The Last Confession: Chapter Twenty Three, Brady v. Maryland

Every prosecutor is supposed to know and adhere to the law announced by the United States Supreme Court in their decision, Brady v. Maryland. How many actually do only God, Himself, actually knows. I only know that I didn’t in the re-trial of Marcos Duendes for the attempted murder of Dr. Robert Uglisky.

In Brady v. Maryland, our nation’s highest court declared that prosecuting attorneys MUST provide a criminal defendant with all exculpating or, even, potentially exculpating evidence because our form of government requires that they do so as their highest constitutional duty to provide “due process of law.”

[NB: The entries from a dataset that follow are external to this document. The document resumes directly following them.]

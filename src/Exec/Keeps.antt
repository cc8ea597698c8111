-- ===== src/Exec/Keeps.antt =====
-- Predicates on the state that an action keeps, whether it returns a value or an error: one rule
-- for each way to build an action.
use operator_controller.Prelude.{◌≡◌, refl, Bool, true, false, Result, ok, err, if◌then◌else◌}
use operator_controller.Exec.{Exec, ◌>>=◌, pure, raise, or_fail, bind_with, fail_with}

pub record Keeps {S E A : Type 0} (P : S → Type 0) (m : Exec S E A) : Type 0 where
  pub at : (s : S) → P s → P (m s).1

module _ {S E A : Type 0} {Inv : S → Type 0} where
  pub Keeps-if :
      (test : Bool) (yes_part no_part : Exec S E A)
      → Keeps Inv yes_part
      → Keeps Inv no_part
      → Keeps Inv (if test then yes_part else no_part)
  Keeps-if false yes_part no_part y n = n
  Keeps-if true yes_part no_part y n = y

  pub Keeps-raise : (reason : E) → Keeps Inv (raise {A = A} reason)
  unfolding raise
  Keeps-raise reason = record { at = λ _ holds. holds }

  pub Keeps-pure : (value : A) → Keeps Inv (pure {E = E} value)
  unfolding pure
  Keeps-pure value = record { at = λ _ holds. holds }

module _ {S E A B : Type 0} {P : S → Type 0} where
  bind_cases :
      (r : Result E A) (s : S) (f : A → Exec S E B)
      → P s
      → ((a : A) → Keeps P (f a))
      → P (bind_with r s f).1
  bind_cases (ok a) s f h k = (k a).at s h
  bind_cases (err e) s f h k = h

  pub Keeps-bind :
      (m : Exec S E A) (f : A → Exec S E B)
      → Keeps P m
      → ((a : A) → Keeps P (f a))
      → Keeps P (m >>= f)
  unfolding ◌>>=◌
  Keeps-bind m f km kf = record { at = λ s h. bind_cases (m s).0 (m s).1 f (km.at s h) kf }

  bind_value :
      (r : Result E A) (s : S) (f : A → Exec S E B)
      → P s
      → ((a : A) → r ≡ ok a → Keeps P (f a))
      → P (bind_with r s f).1
  bind_value (ok a) s f h k = (k a refl).at s h
  bind_value (err e) s f h k = h

  -- the same in one state, where the rest may use the value
  pub Keeps-bind_at :
      (m : Exec S E A) (f : A → Exec S E B) (s : S)
      → P (m s).1
      → ((a : A) → (m s).0 ≡ ok a → Keeps P (f a))
      → P ((m >>= f) s).1
  unfolding ◌>>=◌
  Keeps-bind_at m f s h k = bind_value (m s).0 (m s).1 f h k

module _ {S E F A : Type 0} {P : S → Type 0} where
  fail_cases :
      (r : Result E A) (s : S) (fix : E → S → S) (wrap : E → F)
      → P s
      → ((e : E) (t : S) → P t → P (fix e t))
      → P (fail_with r s fix wrap).1
  fail_cases (ok a) s fix wrap h k = h
  fail_cases (err e) s fix wrap h k = k e s h

  pub Keeps-or_fail :
      (m : Exec S E A) (fix : E → S → S) (wrap : E → F)
      → Keeps P m
      → ((e : E) (t : S) → P t → P (fix e t))
      → Keeps P (or_fail m fix wrap)
  unfolding or_fail
  Keeps-or_fail m fix wrap km kf = record {
    at = λ s h. fail_cases (m s).0 (m s).1 fix wrap (km.at s h) kf;
  }

pub ruleset keeps_rules = (Keeps-pure, Keeps-raise, Keeps-if, Keeps-bind, Keeps-or_fail)
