-- ===== src/Exec/Leads.antt =====
-- What holds behind an action that began where another predicate held: by its outcome (`Leads`), and
-- whatever the outcome is (`Ends`).
use operator_controller.Prelude.{◌≡◌, refl, Bool, true, false, Result, ok, err, if◌then◌else◌}
use operator_controller.Exec.{Exec, ◌>>=◌, or_fail, bind_with, fail_with}
use operator_controller.Exec.Keeps.{Keeps}

-- `Q` behind a value, `R` behind an error
abbrev pub Behind : {S E A : Type 0} → (S → Type 0) → (S → Type 0) → Result E A → S → Type 0
Behind Q R (ok a) s = Q s
Behind Q R (err e) s = R s

pub record Leads {S E A : Type 0} (P Q R : S → Type 0) (m : Exec S E A) : Type 0 where
  pub at : (s : S) → P s → Behind Q R (m s).0 (m s).1

pub record Ends {S E A : Type 0} (P R : S → Type 0) (m : Exec S E A) : Type 0 where
  pub at : (s : S) → P s → R (m s).1

module _ {S E A : Type 0} {P Q R : S → Type 0} where
  pub Ends-Keeps :
      (m : Exec S E A) → ((s : S) → P s → Q s) → ((s : S) → Q s → R s) → Keeps Q m → Ends P R m
  Ends-Keeps m f g k = record { at = λ s h. g (m s).1 (k.at s (f s h)) }

module _ {S E A : Type 0} {P R : S → Type 0} where
  pub Ends-if :
      (test : Bool) (m n : Exec S E A) → Ends P R m → Ends P R n → Ends P R (if test then m else n)
  Ends-if true m n km kn = km
  Ends-if false m n km kn = kn

  from_keeps : (r : Result E A) (s : S) → ((s : S) → P s → R s) → P s → Behind P R r s
  from_keeps (ok a) s f h = h
  from_keeps (err e) s f h = f s h

  pub Leads-Keeps : (m : Exec S E A) → ((s : S) → P s → R s) → Keeps P m → Leads P P R m
  Leads-Keeps m f k = record { at = λ s h. from_keeps (m s).0 (m s).1 f (k.at s h) }

module _ {S E A B : Type 0} {Q R : S → Type 0} where
  bind-Behind :
      (r : Result E A) (s : S) (f : A → Exec S E B)
      → Behind Q R r s
      → ((a : A) → Ends Q R (f a))
      → R (bind_with r s f).1
  bind-Behind (ok a) s f h k = (k a).at s h
  bind-Behind (err e) s f h k = h

  pub Ends-bind :
      {P : S → Type 0} (m : Exec S E A) (f : A → Exec S E B)
      → Leads P Q R m
      → ((a : A) → Ends Q R (f a))
      → Ends P R (m >>= f)
  unfolding ◌>>=◌
  Ends-bind m f km kf = record { at = λ s h. bind-Behind (m s).0 (m s).1 f (km.at s h) kf }

module _ {S E F A : Type 0} {R : S → Type 0} where
  fail-Behind :
      (Q : S → Type 0) (r : Result E A) (s : S) (fix : E → S → S) (wrap : E → F)
      → Behind Q R r s
      → ((e : E) (t : S) → R t → R (fix e t))
      → Behind Q R (fail_with r s fix wrap).0 (fail_with r s fix wrap).1
  fail-Behind Q (ok a) s fix wrap h k = h
  fail-Behind Q (err e) s fix wrap h k = k e s h

  pub Leads-or_fail :
      {P Q : S → Type 0} (m : Exec S E A) (fix : E → S → S) (wrap : E → F)
      → Leads P Q R m
      → ((e : E) (t : S) → R t → R (fix e t))
      → Leads P Q R (or_fail m fix wrap)
  unfolding or_fail
  Leads-or_fail {Q = Q} m fix wrap km kf = record {
    at = λ s h. fail-Behind Q (m s).0 (m s).1 fix wrap (km.at s h) kf;
  }

module _ {S E A B : Type 0} {Q T R : S → Type 0} where
  value-Behind :
      (r : Result E A) (s : S) (f : A → Exec S E B)
      → Behind Q R r s
      → ((a : A) → r ≡ ok a → Leads Q T R (f a))
      → Behind T R (bind_with r s f).0 (bind_with r s f).1
  value-Behind (ok a) s f h k = (k a refl).at s h
  value-Behind (err e) s f h k = h

  -- in one state, where the rest may use the value
  pub Behind-bind :
      (m : Exec S E A) (f : A → Exec S E B) (s : S)
      → Behind Q R (m s).0 (m s).1
      → ((a : A) → (m s).0 ≡ ok a → Leads Q T R (f a))
      → Behind T R ((m >>= f) s).0 ((m >>= f) s).1
  unfolding ◌>>=◌
  Behind-bind m f s h k = value-Behind (m s).0 (m s).1 f h k

  pub Leads-bind :
      {P : S → Type 0} (m : Exec S E A) (f : A → Exec S E B)
      → Leads P Q R m
      → ((a : A) → Leads Q T R (f a))
      → Leads P T R (m >>= f)
  Leads-bind m f km kf = record { at = λ s h. Behind-bind m f s (km.at s h) (λ a _. kf a) }
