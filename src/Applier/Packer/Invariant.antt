-- ===== src/Applier/Packer/Invariant.antt =====
-- What holds of the packing at every point of the loops: how large the secrets are, and which
-- content the refs and the pending entries have.
use operator_controller.Prelude.{
  ℕ, ◌+◌, ◌≤◌, String, ◌≡◌, ◌≢◌, refl, ap, ◌∙◌, List, [], ◌∷◌, ◌++◌, true, false, inl, inr, ◌⊎◌, In,
  In-append_cases, Bool-cases, Option-cases, length, arith, ltb, nat_eq,
}
use operator_controller.ObjectSet.{ObjectSourceRef}
use operator_controller.Applier.Packer.{
  EncodingApi, Position, Secret, SecretPacker, Packing, max_secret_data_size, lookup, content_hash,
  new_secret, back_fill, finalize_current, make_room, store_content, pack_bytes,
}

-- the size of the contents of a secret
abbrev pub total : List (String × List ℕ) → ℕ
total [] = 0
total ((_, bytes) ∷ rest) = length bytes + total rest

abbrev pub Fits : Secret → Type 0
Fits s = (total s.contents ≤ max_secret_data_size) × (s.contents ≢ [])

pub record IsFitting (st : Packing) : Type 0 where
  pub secrets : (s : Secret) → In s st.secrets → Fits s
  pub counted : st.current_size ≡ total st.current_data
  pub small : st.current_size ≤ max_secret_data_size

abbrev pub with_ref : SecretPacker → Secret → String → ObjectSourceRef
with_ref p secret key = record { name = secret.name; namespace = p.system_namespace; key = key }

empty_of_length : {A : Type 0} (xs : List A) → nat_eq (length xs) 0 ≡ true → xs ≡ []
empty_of_length [] h = refl
empty_of_length (a ∷ xs) h = absurd (ground arith)

nonempty_of_length : {A : Type 0} (xs : List A) → nat_eq (length xs) 0 ≡ false → xs ≢ []
nonempty_of_length xs h e = absurd (ground (arith, rw e at h))

module _ (x : EncodingApi) (p : SecretPacker) where
  -- `finalizeCurrent` where there is content
  abbrev pub finished : Packing → Packing
  finished st = record {
    secrets = st.secrets ++ new_secret x p st.current_data ∷ [];
    refs = back_fill x p (new_secret x p st.current_data) st.current_pending st.refs;
    current_data = [];
    current_size = 0;
    current_pending = [];
  }

  pub finalize_cases :
      (st : Packing)
      → ((st.current_data ≡ []) × (finalize_current x p st ≡ st))
        ⊎ ((st.current_data ≢ []) × (finalize_current x p st ≡ finished st))
  unfolding finalize_current
  finalize_cases st = elim (Bool-cases (nat_eq (length st.current_data) 0)) [
    | inl e ↦ inl (empty_of_length st.current_data e, rw e refl)
    | inr e ↦ inr (nonempty_of_length st.current_data e, rw e refl)
  ]

  finished-IsFitting :
      (st : Packing) → st.current_data ≢ [] → IsFitting st → IsFitting (finished st)
  unfolding new_secret
  finished-IsFitting st h fit = record {
    secrets = λ s m. elim (In-append_cases s st.secrets _ m) [
      | inl old ↦ fit.secrets s old
      | inr (inl e) ↦
          let small = fit.small in let counted = fit.counted in rw e (rw (← counted) small, h)
      | inr (inr gone) ↦ absurd gone
    ];
    counted = refl;
    small = ground arith;
  }

  pub finalize-IsFitting : (st : Packing) → IsFitting st → IsFitting (finalize_current x p st)
  finalize-IsFitting st fit = elim (finalize_cases st) [
    | inl (_, e) ↦ rw e fit
    | inr (h, e) ↦ rw e (finished-IsFitting st h fit)
  ]

  -- After `finalizeCurrent` the current secret is empty.
  pub finalize-empty : (st : Packing) → (finalize_current x p st).current_data ≡ []
  finalize-empty st = elim (finalize_cases st) [ inl (d, e) ↦ rw e d | inr (_, e) ↦ rw e refl ]

  finalize-size : (st : Packing) → IsFitting st → (finalize_current x p st).current_size ≡ 0
  finalize-size st fit =
      let counted = (finalize-IsFitting st fit).counted in
      let e = finalize-empty st in counted ∙ ap total e

  no_content :
      (st : Packing) (size : ℕ)
      → size ≤ max_secret_data_size
      → IsFitting st
      → st.current_data ≡ []
      → st.current_size + size ≤ max_secret_data_size
  no_content st size h fit e = let counted = fit.counted in rw (counted ∙ ap total e) (omega arith)

  -- Room is made where the content would not fit.
  make_room-fits :
      (size : ℕ) (st : Packing)
      → size ≤ max_secret_data_size
      → IsFitting st
      → IsFitting (make_room x p size st)
        × ((make_room x p size st).current_size + size ≤ max_secret_data_size)
  unfolding make_room
  make_room-fits size st h fit =
      let small = fit.small in
      elim (Bool-cases (ltb max_secret_data_size (st.current_size + size))) [
        | inr e ↦ rw e (fit, ground arith)
        | inl e ↦ elim (Bool-cases (nat_eq (length st.current_data) 0)) [
          | inl z ↦ rw e (rw z (fit, no_content st size h fit (empty_of_length st.current_data z)))
          | inr z ↦ rw e (rw z (finalize-IsFitting st fit, rw (finalize-size st fit) (omega arith)))
        ]
      ]

  store_content-IsFitting :
      (key : String) (bytes : List ℕ) (st : Packing)
      → length bytes ≤ max_secret_data_size
      → IsFitting st
      → IsFitting (store_content x p key bytes st)
  unfolding store_content
  store_content-IsFitting key bytes st h fit = elim (Option-cases (lookup key st.current_data)) [
    | inr (_, e) ↦ rw e fit
    | inl e ↦
        let (room, fits) = make_room-fits (length bytes) st h fit in
        let counted = room.counted in
        rw e record { secrets = room.secrets; counted = omega (arith, counted); small = fits }
  ]

  pub pack_bytes-IsFitting :
      (pos : Position) (bytes : List ℕ) (st : Packing)
      → length bytes ≤ max_secret_data_size
      → IsFitting st
      → IsFitting (pack_bytes x p pos bytes st)
  unfolding pack_bytes
  pack_bytes-IsFitting pos bytes st h fit =
      let after = store_content-IsFitting (content_hash x bytes) bytes st h fit in
      record { secrets = after.secrets; counted = after.counted; small = after.small }
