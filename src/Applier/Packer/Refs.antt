-- ===== src/Applier/Packer/Refs.antt =====
-- The refs that finalizing the current secret fills in.
use operator_controller.Prelude.{
  String, ◌≡◌, ap, List, [], ◌∷◌, none, some, Bool, true, false, inl, inr, ◌⊎◌, In, if◌then◌else◌,
}
use operator_controller.ObjectSet.{ObjectSourceRef}
use operator_controller.Applier.Packer.{EncodingApi, Position, Secret, SecretPacker, back_fill}
use operator_controller.Applier.Packer.Invariant.{with_ref}

pub if_holds :
    {A : Type 0} (P : A → Type 0) (b : Bool) (yes_part no_part : A)
    → P yes_part
    → P no_part
    → P (if b then yes_part else no_part)
if_holds P true yes_part no_part h k = h
if_holds P false yes_part no_part h k = k

pub some-none : {A : Type 0} {a : A} → some a ≡ none → ⊥
some-none h = cc

pub some_injective : {A : Type 0} {a b : A} → some a ≡ some b → a ≡ b
some_injective h = cc

module _ (x : EncodingApi) (p : SecretPacker) where
  pub back_fill-In :
      (s : Secret) (pos : Position) (ref : ObjectSourceRef) (pending : List (Position × String))
      (refs : List (Position × ObjectSourceRef))
      → In (pos, ref) (back_fill x p s pending refs)
      → In (pos, ref) refs ⊎ ((key : String) × In (pos, key) pending × (ref ≡ with_ref p s key))
  unfolding back_fill
  back_fill-In s pos ref [] refs m = inl m
  back_fill-In s pos ref ((q, key) ∷ pending) refs m = elim (back_fill-In s pos ref pending _ m) [
    | inl (inl e) ↦ inr (
      key,
      inl (ap (λ (z : Position × ObjectSourceRef). (z.0, key)) e),
      ap (λ (z : Position × ObjectSourceRef). z.1) e,
    )
    | inl (inr old) ↦ inl old
    | inr (k, i, e) ↦ inr (k, inr i, e)
  ]

  -- Every pending entry gets a ref, and no ref is lost.
  pub back_fill-In_old :
      (s : Secret) (r : Position × ObjectSourceRef) (pending : List (Position × String))
      (refs : List (Position × ObjectSourceRef))
      → In r refs
      → In r (back_fill x p s pending refs)
  unfolding back_fill
  back_fill-In_old s r [] refs m = m
  back_fill-In_old s r ((q, key) ∷ pending) refs m = back_fill-In_old s r pending _ (inr m)

  pub back_fill-In_new :
      (s : Secret) (pos : Position) (key : String) (pending : List (Position × String))
      (refs : List (Position × ObjectSourceRef))
      → In (pos, key) pending
      → In (pos, with_ref p s key) (back_fill x p s pending refs)
  unfolding back_fill
  back_fill-In_new s pos key [] refs m = absurd m
  back_fill-In_new s pos key ((q, k) ∷ pending) refs (inl e) =
      back_fill-In_old s _ pending _
        (inl (ap (λ (z : Position × String). (z.0, with_ref p s z.1)) e))
  back_fill-In_new s pos key ((q, k) ∷ pending) refs (inr m) =
      back_fill-In_new s pos key pending _ m
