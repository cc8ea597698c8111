-- ===== src/Applier/Boxcutter/Crash.antt =====
-- The order of the steps that create a revision: whatever fails, its secrets come first.
use operator_controller.Prelude.{
  ◌≡◌, refl, sym, ap, ◌∙◌, List, [], ◌∷◌, ◌++◌, Option, none, some, Bool, true, false, Result, ok,
  err, if◌then◌else◌, In, In-append_left, In-append_right, inl, inr, ◌⊎◌, Bool-cases, Result-cases,
  contains,
}
use operator_controller.Exec.{◌>>=◌, pure, or_fail}
use operator_controller.Exec.Keeps.{
  Keeps, Keeps-pure, Keeps-if, Keeps-bind, Keeps-bind_at, Keeps-or_fail,
}
use operator_controller.Exec.Leads.{Behind, Ends, Ends-bind}
use operator_controller.Applier.Packer.{EncodingApi, Secret, PackResult}
use operator_controller.Applier.Packer.Refs.{some-none, some_injective}
use operator_controller.Applier.Boxcutter.{
  Existing, Desired, OwnedSecret, ApplyError, BoxCall, apply_revision, create_secret, Boxcutter,
  Calls, BoxCluster, ask, creating_revision,
}
use operator_controller.Applier.Boxcutter.Apply.{
  request, create_secrets, patch_owner_refs_on_secrets, patch_secret_owner_references,
  create_packed, unless_exists,
}

module _ {O R : Type 0} where
  abbrev is_apply : BoxCall O R → Bool
  is_apply (apply_revision _) = true
  is_apply _ = false

  abbrev behind : BoxCall O R → Option (Calls O R) → Option (Calls O R)
  behind c none = none
  behind c (some cs) = some (c ∷ cs)

  -- the calls before the first revision is applied, if one is
  abbrev pub before_apply : Calls O R → Option (Calls O R)
  before_apply [] = none
  before_apply (c ∷ cs) = if is_apply c then some [] else behind c (before_apply cs)

  behind-none : (c : BoxCall O R) (o : Option (Calls O R)) → behind c o ≡ none → o ≡ none
  behind-none c none h = refl
  behind-none c (some cs) h = absurd (some-none h)

  before_apply-none :
      (cs : Calls O R) (c : BoxCall O R)
      → before_apply cs ≡ none
      → is_apply c ≡ false
      → before_apply (cs ++ c ∷ []) ≡ none
  before_apply-none [] c h k = rw k refl
  before_apply-none (d ∷ cs) c h k = elim (Bool-cases (is_apply d)) [
    | inl t ↦ absurd (some-none (rw t at h))
    | inr t ↦ rw t (ap (behind d) (before_apply-none cs c (behind-none d _ (rw t at h)) k))
  ]

  before_apply-first :
      (cs : Calls O R) (c : BoxCall O R)
      → before_apply cs ≡ none
      → is_apply c ≡ true
      → before_apply (cs ++ c ∷ []) ≡ some cs
  before_apply-first [] c h k = rw k refl
  before_apply-first (d ∷ cs) c h k = elim (Bool-cases (is_apply d)) [
    | inl t ↦ absurd (some-none (rw t at h))
    | inr t ↦ rw t (ap (behind d) (before_apply-first cs c (behind-none d _ (rw t at h)) k))
  ]

  behind-some :
      (d : BoxCall O R) (o : Option (Calls O R)) (b : Calls O R)
      → behind d o ≡ some b
      → (rest : Calls O R) × (o ≡ some rest) × (d ∷ rest ≡ b)
  behind-some d none b h = absurd (some-none (sym h))
  behind-some d (some rest) b h = (rest, refl, some_injective h)

  before_apply-some :
      (cs : Calls O R) (c : BoxCall O R) (b : Calls O R)
      → before_apply cs ≡ some b
      → before_apply (cs ++ c ∷ []) ≡ some b
  before_apply-some [] c b h = absurd (some-none (sym h))
  before_apply-some (d ∷ cs) c b h = elim (Bool-cases (is_apply d)) [
    | inl t ↦ rw t (rw t at h)
    | inr t ↦
        let (rest, e, f) = behind-some d (before_apply cs) b (rw t at h) in
        rw t (ap (behind d) (before_apply-some cs c rest e) ∙ ap some f)
  ]

module _ (x : EncodingApi) (R : Type 0) (cl : BoxCluster x.Object R) (bc : Boxcutter) where
  open x use {Object}

  abbrev NoneApplied : Calls Object R → Type 0
  NoneApplied s = before_apply s ≡ none

  -- The secrets of the list were created before.
  abbrev Created : List Secret → Calls Object R → Type 0
  Created [] s = Unit
  Created (t ∷ ts) s = In (create_secret t) s × Created ts s

  Created-In :
      (t : Secret) (ts : List Secret) (s : Calls Object R)
      → Created ts s
      → In t ts
      → In (create_secret t) s
  Created-In t [] s h m = absurd m
  Created-In t (u ∷ ts) s h (inl e) = rw e h.0
  Created-In t (u ∷ ts) s h (inr m) = Created-In t ts s h.1 m

  -- A revision was applied, behind the secrets.
  record AppliedAfter (secrets : List Secret) (s : Calls Object R) : Type 0 where
    earlier : Calls Object R
    split : before_apply s ≡ some earlier
    created : Created secrets earlier

  Created-append :
      (ts : List Secret) (s : Calls Object R) (c : BoxCall Object R)
      → Created ts s
      → Created ts (s ++ c ∷ [])
  Created-append [] s c h = tt
  Created-append (t ∷ ts) s c h =
      (In-append_left (create_secret t) s (c ∷ []) h.0, Created-append ts s c h.1)

  reorder :
      (u : Secret) (done ts : List Secret) (r : Result ApplyError Unit) (t : Calls Object R)
      → Behind (λ t. NoneApplied t × Created (u ∷ done) t × Created ts t) NoneApplied r t
      → Behind (λ t. NoneApplied t × Created done t × Created (u ∷ ts) t) NoneApplied r t
  reorder u done ts (ok _) t (n, c, d) = (n, c.1, (c.0, d))
  reorder u done ts (err _) t h = h

  appends :
      {E A : Type 0} (secrets : List Secret) (c : BoxCall Object R)
      (answer : Calls Object R → Result E A)
      → Keeps (AppliedAfter secrets) (ask Object R c answer)
  unfolding ask
  appends secrets c answer = record {
    at = λ s h. record {
      earlier = h.earlier;
      split = before_apply-some s c h.earlier h.split;
      created = h.created;
    };
  }

  -- what creating secrets leads to, where those of `done` exist
  create_secrets-Created :
      (ts done : List Secret) (s : Calls Object R)
      → NoneApplied s
      → Created done s
      → Behind
          (λ t. NoneApplied t × Created done t × Created ts t)
          NoneApplied
          (create_secrets x R cl bc ts s).0
          (create_secrets x R cl bc ts s).1
  unfolding create_secrets pure ◌>>=◌ or_fail ask
  create_secrets-Created [] done s h k = (h, k, tt)
  create_secrets-Created (u ∷ ts) done s h k =
      let now = s ++ create_secret u ∷ [] in
      let none_yet = before_apply-none s (create_secret u) h refl in
      elim (Result-cases (unless_exists (cl.on_create now))) [
        | inr (e, q) ↦ rw q none_yet
        | inl (_, q) ↦ rw q (
            reorder u done ts (create_secrets x R cl bc ts now).0
              (create_secrets x R cl bc ts now).1
              (create_secrets-Created ts (u ∷ done) now none_yet (
                In-append_right (create_secret u) s (create_secret u ∷ []) (inl refl),
                Created-append done s (create_secret u) k,
              )))
      ]

  Keeps-AppliedAfter-ask :
      {E A : Type 0} (secrets : List Secret) (c : BoxCall Object R)
      (answer : Calls Object R → Result E A) (wrap : E → ApplyError)
      → Keeps (AppliedAfter secrets) (request x R cl bc c answer wrap)
  Keeps-AppliedAfter-ask secrets c answer wrap =
      Keeps-or_fail (ask Object R c answer) (λ e s. s) wrap (appends secrets c answer) (λ _ _ h. h)

  Keeps-patches :
      (secrets : List Secret) (cos : Existing) (owned : List OwnedSecret)
      → Keeps (AppliedAfter secrets) (patch_owner_refs_on_secrets x R cl bc cos owned)
  unfolding patch_owner_refs_on_secrets
  Keeps-patches secrets cos [] = Keeps-pure tt
  Keeps-patches secrets cos (o ∷ owned) =
      let others = Keeps-patches secrets cos owned in
      Keeps-if (contains cos.uid o.owner_uids) _ _ others
        (Keeps-bind _ _ (Keeps-AppliedAfter-ask secrets _ _ _) (λ _. others))

  Keeps-owner_references :
      (secrets : List Secret) (rev : Desired Object R) (ts : List Secret)
      → Keeps (AppliedAfter secrets) (patch_secret_owner_references x R cl bc rev ts)
  unfolding patch_secret_owner_references
  Keeps-owner_references secrets rev [] = Keeps-pure tt
  Keeps-owner_references secrets rev (t ∷ ts) =
      Keeps-bind _ _ (Keeps-AppliedAfter-ask secrets _ _ _) (λ cos. Keeps-patches secrets cos _)

  -- Either nothing was applied, or it was applied behind the secrets.
  abbrev IsSafe : List Secret → Calls Object R → Type 0
  IsSafe secrets s = NoneApplied s ⊎ AppliedAfter secrets s

  applied :
      (secrets : List Secret) (d : Desired Object R) (s : Calls Object R)
      → NoneApplied s
      → Created secrets s
      → AppliedAfter secrets
          (request x R cl bc (apply_revision d) cl.on_apply creating_revision s).1
  unfolding ask or_fail
  applied secrets d s h k =
      let now : AppliedAfter secrets (s ++ apply_revision d ∷ []) = record {
        earlier = s;
        split = before_apply-first s (apply_revision d) h refl;
        created = k;
      } in
      elim (Result-cases (cl.on_apply (s ++ apply_revision d ∷ []))) [
        | inl (_, e) ↦ rw e now
        | inr (_, e) ↦ rw e now
      ]

  weaken :
      (secrets : List Secret) (r : Result ApplyError Unit) (t : Calls Object R)
      → Behind (λ t. NoneApplied t × Created [] t × Created secrets t) NoneApplied r t
      → Behind (λ t. NoneApplied t × Created secrets t) (IsSafe secrets) r t
  weaken secrets (ok _) t (n, _, c) = (n, c)
  weaken secrets (err _) t h = inl h

  create_packed-IsSafe :
      (rev : Desired Object R) (packed : PackResult)
      → Ends NoneApplied (IsSafe packed.secrets) (create_packed x R cl bc rev packed)
  unfolding create_packed
  create_packed-IsSafe rev packed =
      Ends-bind {Q = λ t. NoneApplied t × Created packed.secrets t}
        (create_secrets x R cl bc packed.secrets) _
        (record {
          at = λ s h.
              weaken packed.secrets (create_secrets x R cl bc packed.secrets s).0 _
                (create_secrets-Created packed.secrets [] s h tt);
        })
        (λ _. record {
          at = λ s h. inr (
              Keeps-bind_at {P = AppliedAfter packed.secrets} _ _ s
                (applied packed.secrets _ s h.0 h.1)
                (λ _ _. Keeps-owner_references packed.secrets rev packed.secrets));
        })

  safe_before :
      (secrets : List Secret) (secret : Secret) (s before : Calls Object R)
      → IsSafe secrets s
      → before_apply s ≡ some before
      → In secret secrets
      → In (create_secret secret) before
  safe_before secrets secret s before (inl n) h m = absurd (some-none (sym h ∙ n))
  safe_before secrets secret s before (inr a) h m =
      let e : a.earlier ≡ before = some_injective (sym a.split ∙ h) in
      rw (← e) (Created-In secret secrets a.earlier a.created m)

  -- Wherever the steps that create a revision stop, the revision is applied only behind the calls
  -- that create each of its secrets.
  pub create_packed_applies_last :
      (rev : Desired Object R) (packed : PackResult) (secret : Secret)
      (calls before : Calls Object R)
      → before_apply calls ≡ none
      → before_apply (create_packed x R cl bc rev packed calls).1 ≡ some before
      → In secret packed.secrets
      → In (create_secret secret) before
  create_packed_applies_last rev packed secret calls before start h m =
      safe_before packed.secrets secret _ before ((create_packed-IsSafe rev packed).at calls start)
        h m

Most people hate the idea that this type of due process can end up preventing clearly guilty people from being convicted of their crimes. Most people think that our government’s highest duty is to protect innocent people from the criminals who live among us.

Most people are wrong.

Our government’s highest constitutional duty is to protect “we the people” from an oppressive form of government because the men and women who had founded our nation had once risked their lives, fortunes, and sacred honor rebelling against a tyrant king who would, if he could, have gladly sent each of our founding fathers and mothers to hang from their necks until almost dead, sliced open their midsections before a jeering mob whilst ripping our their entrails, chopped off each of their limbs one by one and finally severed their heads from their torsos to mount upon the King’s Gate for all the world to see and fear. Then everything these good people had ever owned would have been forfeited to the Crown and their offspring left in ruin, along with whatever good reputation in the community they once had made.

And THAT is why our nation’s founding documents protects the rights of those accused of crimes and would rather suffer ten guilty persons to go free than for one innocent person be convicted. The occasional criminal who gets away with his or her crime is nothing compared to the horrible crimes against humanity that a tyrant unrestrained by laws can commit upon millions and millions of people.

In light of THAT understanding of our law, our Supreme Court held that if the government withholds information favorable to an accused person that is material to the issues of either guilt or punishment, then the government itself has denied the accused person the due process of law vouchsafed by our constitution to which all lawyers swear an oath to uphold.

So the fact that I never told Marcos Duendes’ defense attorney what Priscilla Duendes told me the night she came to my office after work when Marcos Duendes was sitting in jail during his retrial; namely, that she and Dr. Ugliski had had an affair after Dolores had been born before Marcos became enraged with jeolousy wrongly suspecting that Dr. Ugliski had “raped” Pricilla during obstetric exams like she had testified at the first trial and that slanderous accusation almost ruined the poor man and I didn’t think that the man’s wife and family deserved to go through more agony after Dr. Ugliski actually had killed himself on the eve of the retrial completely unhinged by the thought that the retrial was going to rehash that garbage in the community where his children were being raised . . . that was my decision to make and mine alone, right?